Celui qui détient le capital en profitera car les robots et l'intelligence artificielle remplaceront inévitablement de nombreux emplois.
En 1968, J.C.R. Licklider, l'un des créateurs de l'ère technologique d'aujourd'hui, a co-écrit un article remarquablement prémonitoire intitulé L'ordinateur comme appareil de communication . Il a prédit des communautés interactives en ligne et expliqué leurs possibilités passionnantes. Licklider a également émis un avertissement à la fin de l'article :
Pour la société, l'impact sera bon ou mauvais, en fonction principalement de la question : 'être en ligne' sera-t-il un privilège ou un droit ? Si seul un segment privilégié de la population a la chance de profiter de l'avantage de «l'amplification de l'intelligence», le réseau peut exagérer la discontinuité dans le spectre des opportunités intellectuelles.

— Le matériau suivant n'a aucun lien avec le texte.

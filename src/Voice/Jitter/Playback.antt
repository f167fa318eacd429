-- ===== src/Voice/Jitter/Playback.antt =====
-- The packets that are played, over any arrivals (crates/rekindle-voice/src/jitter.rs).
use rekindle.Base.{
  ℕ, ◌+◌, ◌≤◌, ◌<◌, ◌^◌, ◌==◌, ltb, Bool, true, false, List, [], ◌∷◌, Option, none, some, ◌≡◌, refl,
  sym, ◌∙◌, arith, length, All, Bool-cases, inl, inr, Option-cases, ==_iff,
}
use rekindle.Base.Ordered.{insert, lookup, IsAscending, From-weaken, All-insert, IsAscending-insert}
use mathlib.Core.Path.{subst}
use mathlib.Core.Option.{some-injective}
use rekindle.Voice.Jitter.{
  VoicePacket, JitterBuffer, trim, accept, push, take_next, started, is_filled, pop, next, is_late,
  or_now,
}
use rekindle.Voice.Jitter.WellFormed.{
  Keyed, Ahead, IsWellFormed, IsPlaying, advanced, advanced-IsPlaying, take_next-none,
  take_next-some, pop-playing, pop-starting, pop-waiting, IsWellFormed-IsPlaying,
  IsPlaying-IsWellFormed, started-IsPlaying, push-IsWellFormed, Ahead-insert,
}

-- What happens to a buffer, with the time: a packet comes, or one is asked for.
pub data Event : Type 0 where
  arrives : ℕ → VoicePacket → Event
  plays : ℕ → Event

abbrev pub played : Option VoicePacket → List VoicePacket → List VoicePacket
played none ps = ps
played (some p) ps = p ∷ ps

-- The packets that are handed out.
abbrev pub run : List Event → JitterBuffer → List VoicePacket
run [] jb = []
run (arrives now packet ∷ es) jb = run es (push now packet jb)
run (plays now ∷ es) jb = played (pop now jb).1 (run es (pop now jb).0)

-- The sequence numbers rise, the first being at least n.
abbrev pub IsRising : ℕ → List VoicePacket → Type 0
IsRising n [] = Unit
IsRising n (p ∷ ps) = (n ≤ p.sequence) × IsRising (p.sequence + 1) ps

-- No packet has the last sequence number of 32 bits.
abbrev pub IsShort : Event → Type 0
IsShort (arrives now packet) = packet.sequence + 1 < 2 ^ 32
IsShort (plays now) = Unit

-- The least sequence number that can still be played.
abbrev pub floor_of : Bool → ℕ → ℕ
floor_of true seq = seq
floor_of false seq = 0

abbrev pub floor : JitterBuffer → ℕ
floor jb = floor_of jb.initial_fill_done jb.next_playback_seq

IsRising-weaken : (a b : ℕ) (ps : List VoicePacket) → a ≤ b → IsRising b ps → IsRising a ps
IsRising-weaken a b [] h r = tt
IsRising-weaken a b (p ∷ ps) h r = (omega (arith, r.0), r.1)

trim-floor :
    (done : Bool) (limit : ℕ) (buffer : List (ℕ × VoicePacket)) (seq : ℕ)
    → IsAscending buffer
    → All Keyed buffer
    → Ahead done seq buffer
    → floor_of done seq ≤ floor_of done (trim done limit buffer seq).1
unfolding trim
trim-floor done limit [] seq a k f = omega arith
trim-floor false limit ((j, p) ∷ buffer) seq a k f = omega arith
trim-floor true limit ((j, p) ∷ buffer) seq a k f =
    elim (Bool-cases (ltb limit (length ((j, p) ∷ buffer)))) [
      | inl h ↦ rw h (
          omega (
            arith,
            f.0,
            k.0.1,
            trim-floor true limit buffer (next seq) a.1 k.1
                (From-weaken (next seq) (j + 1) buffer (omega (arith, f.0, k.0.1)) a.0),
          ))
      | inr h ↦ rw h (omega arith)
    ]

accept-floor :
    (packet : VoicePacket) (jb : JitterBuffer)
    → packet.sequence + 1 < 2 ^ 32
    → is_late packet jb ≡ false
    → IsWellFormed jb
    → floor jb ≤ floor (accept packet jb)
unfolding accept
accept-floor packet jb small timely w =
    trim-floor jb.initial_fill_done jb.max_packets (insert packet.sequence packet jb.buffer)
      jb.next_playback_seq (IsAscending-insert packet.sequence packet jb.buffer w.ascending)
      (All-insert Keyed packet.sequence packet jb.buffer (refl, small) w.keyed)
      (Ahead-insert jb.initial_fill_done jb.next_playback_seq packet jb.buffer timely w.ahead)

push-floor :
    (now : ℕ) (packet : VoicePacket) (jb : JitterBuffer)
    → packet.sequence + 1 < 2 ^ 32
    → IsWellFormed jb
    → floor jb ≤ floor (push now packet jb)
unfolding push
push-floor now packet jb small w = elim (Bool-cases (is_late packet jb)) [
  | inl late ↦ rw late (omega arith)
  | inr timely ↦ rw timely (
      accept-floor packet (record jb { first_packet_time = or_now jb.first_packet_time now }) small
        timely
        (record { ascending = w.ascending; keyed = w.keyed; bounded = w.bounded; ahead = w.ahead }))
]

lookup-Keyed :
    (seq : ℕ) (buffer : List (ℕ × VoicePacket)) (p : VoicePacket)
    → All Keyed buffer
    → lookup seq buffer ≡ some p
    → Keyed (seq, p)
lookup-Keyed seq [] p k e = ground arith
lookup-Keyed seq ((j, q) ∷ buffer) p k e = elim (Bool-cases (j == seq)) [
  | inl h ↦
      let same : q ≡ p = some-injective q p (rw h at e) in
      subst (λ x. Keyed (seq, x)) same (subst (λ n. Keyed (n, q)) ((==_iff j seq).0 h) k.0)
  | inr h ↦ lookup-Keyed seq buffer p k.1 (rw h at e)
]

after : (p : VoicePacket) (seq : ℕ) → Keyed (seq, p) → next seq ≡ p.sequence + 1
after p seq k = omega (arith, k.0, k.1)

floor-done : (jb : JitterBuffer) → jb.initial_fill_done ≡ true → floor jb ≡ jb.next_playback_seq
floor-done jb h = rw h

floor-waiting : (jb : JitterBuffer) → jb.initial_fill_done ≡ false → floor jb ≡ 0
floor-waiting jb h = rw h

module _ (rest : JitterBuffer → List VoicePacket)
    (rises : (jb : JitterBuffer) → IsWellFormed jb → IsRising (floor jb) (rest jb)) where
  take_next-IsRising :
      (jb : JitterBuffer)
      → IsPlaying jb
      → IsRising jb.next_playback_seq (played (take_next jb).1 (rest (take_next jb).0))
  take_next-IsRising jb w = elim (Option-cases (lookup jb.next_playback_seq jb.buffer)) [
    | inl e ↦ rw (take_next-none jb e) (
        subst (λ n. IsRising n (rest jb)) (floor-done jb w.done)
          (rises jb (IsPlaying-IsWellFormed jb w)))
    | inr (p, e) ↦ rw (take_next-some jb p e) (
      omega (arith, (lookup-Keyed jb.next_playback_seq jb.buffer p w.keyed e).0),
      subst (λ n. IsRising n (rest (advanced jb)))
          (floor-done (advanced jb) w.done
            ∙ after p jb.next_playback_seq
                (lookup-Keyed jb.next_playback_seq jb.buffer p w.keyed e))
          (rises (advanced jb) (IsPlaying-IsWellFormed _ (advanced-IsPlaying jb w))),
    )
  ]

  pop-IsRising :
      (now : ℕ) (jb : JitterBuffer)
      → IsWellFormed jb
      → IsRising (floor jb) (played (pop now jb).1 (rest (pop now jb).0))
  pop-IsRising now jb w = elim (Bool-cases jb.initial_fill_done) [
    | inl done ↦ rw (pop-playing now jb done) (
        subst (λ n. IsRising n (played (take_next jb).1 (rest (take_next jb).0)))
          (sym (floor-done jb done)) (take_next-IsRising jb (IsWellFormed-IsPlaying jb done w)))
    | inr waiting ↦ elim (Bool-cases (is_filled now jb)) [
      | inl full ↦ rw (pop-starting now jb waiting full) (
          subst
            (λ n. IsRising n (played (take_next (started jb)).1 (rest (take_next (started jb)).0)))
            (sym (floor-waiting jb waiting))
            (IsRising-weaken 0 _ _ (omega arith)
              (take_next-IsRising (started jb) (started-IsPlaying jb w))))
      | inr empty ↦ rw (pop-waiting now jb waiting empty) (rises jb w)
    ]
  ]

-- Whatever packets come, in whatever order and however often, and whenever packets are asked for:
-- the packets handed out have strictly rising sequence numbers, so that none is played twice or after
-- a later one, and none is below the next one expected once playback has begun. The buffer is well
-- formed to start with, and no packet has the last sequence number of 32 bits.
pub run-IsRising :
    (es : List Event) (jb : JitterBuffer)
    → All IsShort es
    → IsWellFormed jb
    → IsRising (floor jb) (run es jb)
run-IsRising [] jb short w = tt
run-IsRising (arrives now packet ∷ es) jb short w =
    IsRising-weaken _ _ _ (push-floor now packet jb short.0 w)
      (run-IsRising es (push now packet jb) short.1 (push-IsWellFormed now packet jb short.0 w))
run-IsRising (plays now ∷ es) jb short w =
    pop-IsRising (run es) (λ j v. run-IsRising es j short.1 v) now jb w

Diverses politiques peuvent aider à redistribuer la richesse ou, comme le revenu de base garanti, fournir un filet de sécurité pour ceux qui sont au plus bas ou près du bas. Mais la meilleure réponse aux menaces économiques posées par les technologies numériques est certainement de donner à plus de gens accès à ce que Licklider a appelé l'amplification de l'intelligence afin qu'ils puissent bénéficier de la richesse créée par les nouvelles technologies. Cela se traduira par un accès plus équitable à des programmes d'éducation et de formation de qualité pour les personnes tout au long de leur carrière.
Cela signifie aussi, dit Richard Freeman , un éminent économiste du travail à l'Université de Harvard, que beaucoup plus de personnes ont besoin de posséder les robots. Il ne parle pas seulement des machines dans les usines, mais de l'automatisation et des technologies numériques en général. Certains mécanismes existent déjà dans les programmes d'intéressement et les plans d'actionnariat salarié. D'autres programmes d'investissement concrets peuvent être envisagés, dit-il.
Celui qui détient le capital en profitera car les robots et l'IA remplaceront inévitablement de nombreux emplois. Si les récompenses des nouvelles technologies vont en grande partie aux plus riches, comme cela a été la tendance au cours des dernières décennies, alors les visions dystopiques pourraient devenir réalité. Mais les machines sont des outils, et si leur propriété est plus largement partagée, la majorité des gens pourraient les utiliser pour augmenter leur productivité et augmenter à la fois leurs revenus et leurs loisirs. Si cela se produit, une société de plus en plus riche pourrait restaurer le rêve de la classe moyenne qui a longtemps alimenté l'ambition technologique et la croissance économique.